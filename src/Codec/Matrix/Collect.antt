-- ===== src/Codec/Matrix/Collect.antt =====
-- The loop of `add_coded` that collects the solved rows: it returns true symbols, and it ends.
use delp.Prelude.{
  ℕ, zero, suc, ◌≤◌, ◌<◌, ◌≡◌, ◌≢◌, refl, sym, ap, ◌∙◌, Bool-cases, inl, inr, Option-cases, none,
  some, List, [], ◌∷◌, ◌++◌, length, ◌==◌, arith, true, false, ◌⊎◌,
}
use delp.Error.{ok}
use delp.Gf.Simd.{scalar}
use delp.Codec.Dense.{get, is_solved}
use delp.Codec.Dense.Pivot.{is_solved-pivot}
use delp.Codec.Matrix.{MatrixRow, Rows, Symbols, remove_row}
use delp.Codec.Matrix.Recover.{solved_keys, recover_keys, recover_all, add_known_rows}
use delp.Codec.Matrix.Sound.{Session, solved-symbol}
use delp.Codec.Matrix.Known.{cascade-Idle}
use delp.Codec.Matrix.Reduced.{
  Reduced, AllTrue, AllTrue-append, remove_row-Reduced, remove_row-found, remove_row-found_zeros,
  length-remove_row, length-remove_row-found,
}

List-cases {ℓ} :
    {A : Type ℓ} (xs : List A) → (xs ≡ []) ⊎ ((x : A) × (rest : List A) × (xs ≡ x ∷ rest))
List-cases [] = inl refl
List-cases (x ∷ xs) = inr (x, xs, refl)

-- The first solved key is found, with a row that is solved.
solved_keys-found :
    (s : Session) (rows : Rows) (pid : ℕ) (pids : List ℕ)
    → Reduced s rows
    → solved_keys rows ≡ pid ∷ pids
    → (row : MatrixRow) × ((remove_row rows pid).0 ≡ some row)
      × (id : ℕ) × (is_solved row.coefs ≡ some id)
unfolding solved_keys remove_row
solved_keys-found s [] pid pids h e = absurd (ground arith)
solved_keys-found s ((key, row) ∷ rows) pid pids (live, at, on, h) e =
    elim (Option-cases (is_solved row.coefs)) [
      | inl u ↦
          let later : solved_keys rows ≡ pid ∷ pids = rw (u, solved_keys) at e in
          let (found, there, id, solved) = solved_keys-found s rows pid pids h later in
          let none_at : get row.coefs pid ≡ 0 =
            (remove_row-found_zeros rows pid found there).0 (get row.coefs) on in
          let other : (key == pid) ≡ false = apart row key pid live.pivot none_at in
          (found, rw other there, id, solved)
      | inr (id, u) ↦
          let first : key ∷ solved_keys rows ≡ pid ∷ pids = rw (u, solved_keys) at e in
          let same : (key == pid) ≡ true = ground arith in (row, rw same refl, id, u)
    ]
  where
    apart :
        (row : MatrixRow) (key pid : ℕ)
        → get row.coefs key ≡ 1
        → get row.coefs pid ≡ 0
        → (key == pid) ≡ false
    apart row key pid one none_at = elim (Bool-cases (key == pid)) [
      | inl t ↦
          let same : key ≡ pid = ground arith in
          let clash : 1 ≡ get row.coefs pid = sym one ∙ ap (get row.coefs) same in
          absurd (omega arith)
      | inr t ↦ t
    ]

module _ (s : Session) where
  -- A solved row is taken out: its payload is the symbol of its key, and substituting it changes
  -- nothing.
  solved_row :
      (rows : Rows) (pid id : ℕ) (row : MatrixRow) (known : List ℕ)
      → Reduced s rows
      → (remove_row rows pid).0 ≡ some row
      → is_solved row.coefs ≡ some id
      → (row.payload ≡ s.symbol id)
        × (add_known_rows scalar s.field (remove_row rows pid).1 id row.payload known
            ≡ ok ([], (remove_row rows pid).1))
  unfolding add_known_rows
  solved_row rows pid id row known h e solved =
      let (live, at, on) = remove_row-found s rows pid row e h in
      let nonzero : get row.coefs pid ≢ 0 = λ z. absurd (omega (arith, live.pivot)) in
      let same : pid ≡ id = is_solved-pivot row.coefs id pid solved nonzero in
      (
        solved-symbol s row id live.sound solved (rw (← same) live.pivot),
        cascade-Idle s.field (suc (length (remove_row rows pid).1)) (remove_row rows pid).1 known
            ((id, row.payload) ∷ []) (rw (← same) (at, tt)),
      )

  -- The first key is found.
  abbrev FirstFound : List ℕ → Rows → Type 0
  FirstFound [] rows = ⊥
  FirstFound (pid ∷ pids) rows = (row : MatrixRow) × ((remove_row rows pid).0 ≡ some row)

  none-found :
      (rows : Rows) (pid : ℕ) (pids : List ℕ)
      → (remove_row rows pid).0 ≡ none
      → ¬ FirstFound (pid ∷ pids) rows
  none-found rows pid pids e (row, f) = absurd (ground arith)

  record Collected (pids : List ℕ) (rows : Rows) (recovered : Symbols) (next : Rows) : Type 0 where
    all_true : AllTrue s recovered
    reduced : Reduced s next
    shorter : length next ≤ length rows
    progress : FirstFound pids rows → length next < length rows

  recover_keys-Collected :
      (pids : List ℕ) (rows : Rows) (known : List ℕ)
      → Reduced s rows
      → (recovered : Symbols) × (all_known : List ℕ) × (next : Rows) × (recover_keys scalar s.field
            pids rows known
          ≡ ok (recovered, all_known, next))
        × Collected pids rows recovered next
  unfolding recover_keys
  recover_keys-Collected [] rows known h = (
    [],
    known,
    rows,
    refl,
    record { all_true = tt; reduced = h; shorter = omega arith; progress = λ q. absurd q },
  )
  recover_keys-Collected (pid ∷ pids) rows known h =
      let left = (remove_row rows pid).1 in
      let reduced = remove_row-Reduced s rows pid h in
      let le = length-remove_row rows pid in
      let skip = recover_keys-Collected pids left known reduced in
      let again = recover_keys-Collected pids left in
      elim (Option-cases (remove_row rows pid).0) [
        | inl e ↦ (
          skip.0,
          skip.1,
          skip.2,
          rw (e, recover_keys) skip.3,
          record {
            all_true = skip.4.all_true;
            reduced = skip.4.reduced;
            shorter = omega (arith, skip.4.shorter);
            progress = λ q. absurd (none-found rows pid pids e q);
          },
        )
        | inr (row, e) ↦ elim (Option-cases (is_solved row.coefs)) [
          | inl u ↦ (
            skip.0,
            skip.1,
            skip.2,
            rw (e, u, recover_keys) skip.3,
            record {
              all_true = skip.4.all_true;
              reduced = skip.4.reduced;
              shorter = omega (arith, skip.4.shorter);
              progress = λ q. omega (arith, skip.4.shorter, length-remove_row-found rows pid row e);
            },
          )
          | inr (id, u) ↦
              let (payload, runs) = solved_row rows pid id row (id ∷ known) h e u in
              let (rest, all_known, last, goes, out) = again (id ∷ known) reduced in
              (
                (id, row.payload) ∷ rest,
                all_known,
                last,
                rw (e, u, recover_keys) (rw runs (rw goes refl)),
                record {
                  all_true = (payload, out.all_true);
                  reduced = out.reduced;
                  shorter = omega (arith, out.shorter);
                  progress =
                      λ q. omega (arith, out.shorter, length-remove_row-found rows pid row e);
                },
              )
        ]
      ]

  -- On rows in reduced form, with more fuel than rows, the loop of `add_coded` with the scalar kernels
  -- succeeds and ends with no solved row left: it returns true symbols only, and it leaves rows in
  -- reduced form, not more than there were.
  pub recover_all-AllTrue :
      (fuel : ℕ) (rows : Rows) (known : List ℕ)
      → length rows < fuel
      → Reduced s rows
      → (recovered : Symbols) × (next : Rows) × (recover_all scalar s.field fuel rows known
          ≡ ok (recovered, next))
        × AllTrue s recovered
        × Reduced s next
        × (solved_keys next ≡ [])
        × (length next ≤ length rows)
  unfolding recover_all
  recover_all-AllTrue zero rows known lt h = absurd (omega arith)
  recover_all-AllTrue (suc fuel) rows known lt h =
      let again = recover_all-AllTrue fuel in
      elim (List-cases (solved_keys rows)) [
        | inl e ↦ ([], rows, rw (e, recover_all) refl, tt, h, e, omega arith)
        | inr (pid, pids, e) ↦
            let (row, found, _, _) = solved_keys-found s rows pid pids h e in
            let (first, all_known, left, runs, out) =
              recover_keys-Collected (pid ∷ pids) rows known h in
            let (rest, last, goes, all_true, reduced, done, le) =
              again left all_known (omega (arith, out.progress (row, found))) out.reduced in
            (
              first ++ rest,
              last,
              rw (e, recover_all) (rw runs (rw goes refl)),
              AllTrue-append s first rest out.all_true all_true,
              reduced,
              done,
              omega (arith, out.shorter),
            )
      ]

* * * *

*Task item*:
Return exactly, and only, the lines above starting at the line that contains "shorter = omega (arith, out.shorter);" and ending at the line that contains "next ≤ length rows)".

*Written response*:
                  shorter = omega (arith, out.shorter);
                  progress =
                      λ q. omega (arith, out.shorter, length-remove_row-found rows pid row e);
                },
              )
        ]
      ]

  -- On rows in reduced form, with more fuel than rows, the loop of `add_coded` with the scalar kernels
  -- succeeds and ends with no solved row left: it returns true symbols only, and it leaves rows in
  -- reduced form, not more than there were.
  pub recover_all-AllTrue :
      (fuel : ℕ) (rows : Rows) (known : List ℕ)
      → length rows < fuel
      → Reduced s rows
      → (recovered : Symbols) × (next : Rows) × (recover_all scalar s.field fuel rows known
          ≡ ok (recovered, next))
        × AllTrue s recovered
        × Reduced s next
        × (solved_keys next ≡ [])
        × (length next ≤ length rows)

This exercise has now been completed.